Investigation of multivariate analysis of surface-enhanced Raman scattering spectra using simple machine-learning models: prediction of the composition of mixed self-assembled monolayer on gold surface
摘要
Predicting the mixing ratio of molecules with similar structures from SERS spectra is expected to be applicable to disease diagnosis and environmental analysis. Currently, deep learning is applied to analyze SERS spectra due to the complexity of the spectrum shape. However, deep learning requires a lot of training data. In addition, deep learning models have complex structures, making it difficult to interpret the output results. In the field of analytical chemistry, it is often not possible to collect a large amount of measured data.

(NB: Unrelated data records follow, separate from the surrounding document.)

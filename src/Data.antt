-- ===== src/Data.antt =====
-- crates/http/src/server/data_api/get_bids.rs.
use rs_mev_relay.Prelude.{ℕ, Option, none, some, List, [], ◌∷◌}
use rs_mev_relay.Primitives.Bids.{BidSubmission}
use rs_mev_relay.Storage.{InMemoryStorage, read_best_bid_by_slot, read_best_bid_by_block_number}

pub record QueryParams : Type 0 where
  pub slot : Option ℕ
  pub block_number : Option ℕ

abbrev pub found_by {ℓ} : {A : Type ℓ} → Option ℕ → (ℕ → Option A) → Option A
found_by none read = none
found_by (some k) read = read k

-- GET /relay/v1/data/bidtraces/builder_blocks_received: by the slot, if it is given and finds a bid,
-- else by the block number, else nothing.
unfoldable pub get_bids : InMemoryStorage → QueryParams → List BidSubmission
get_bids s params = elim (found_by params.slot (read_best_bid_by_slot s)) [
  | some bid ↦ bid ∷ []
  | none ↦ elim (found_by params.block_number (read_best_bid_by_block_number s)) [
    | some bid ↦ bid ∷ []
    | none ↦ []
  ]
]
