-- ===== src/Grpc.antt =====
-- crates/grpc/src/service/mod.rs: bids over gRPC.
pub mod Messages
pub mod Convert
pub mod Service
pub mod Decide
pub mod Agreement
pub mod Converted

Therefore, simple and interpretable machine learning models that require a small amount of training data are needed. This study investigates the multivariate analysis of surface-enhanced Raman scattering (SERS) spectra using simple machine learning models. The mixing ratios of the self-assembled monolayer (SAM) reagents of benzene thiol derivatives (as model molecules) were predicted from SERS spectra using several prediction models. Then, that prediction accuracy of each machine-learning model was compared. The results show that linear discriminant analysis (LDA) achieves the highest prediction accuracy (0.996). We analyze the SERS spectrum with a simple model such as LDA and achieve highly accurate predictions of the mixing ratios of the SAM reagents. This indicates that, even when the measurement data of the SERS spectra are scarce, highly accurate predictions can be made through analysis using a simple prediction model.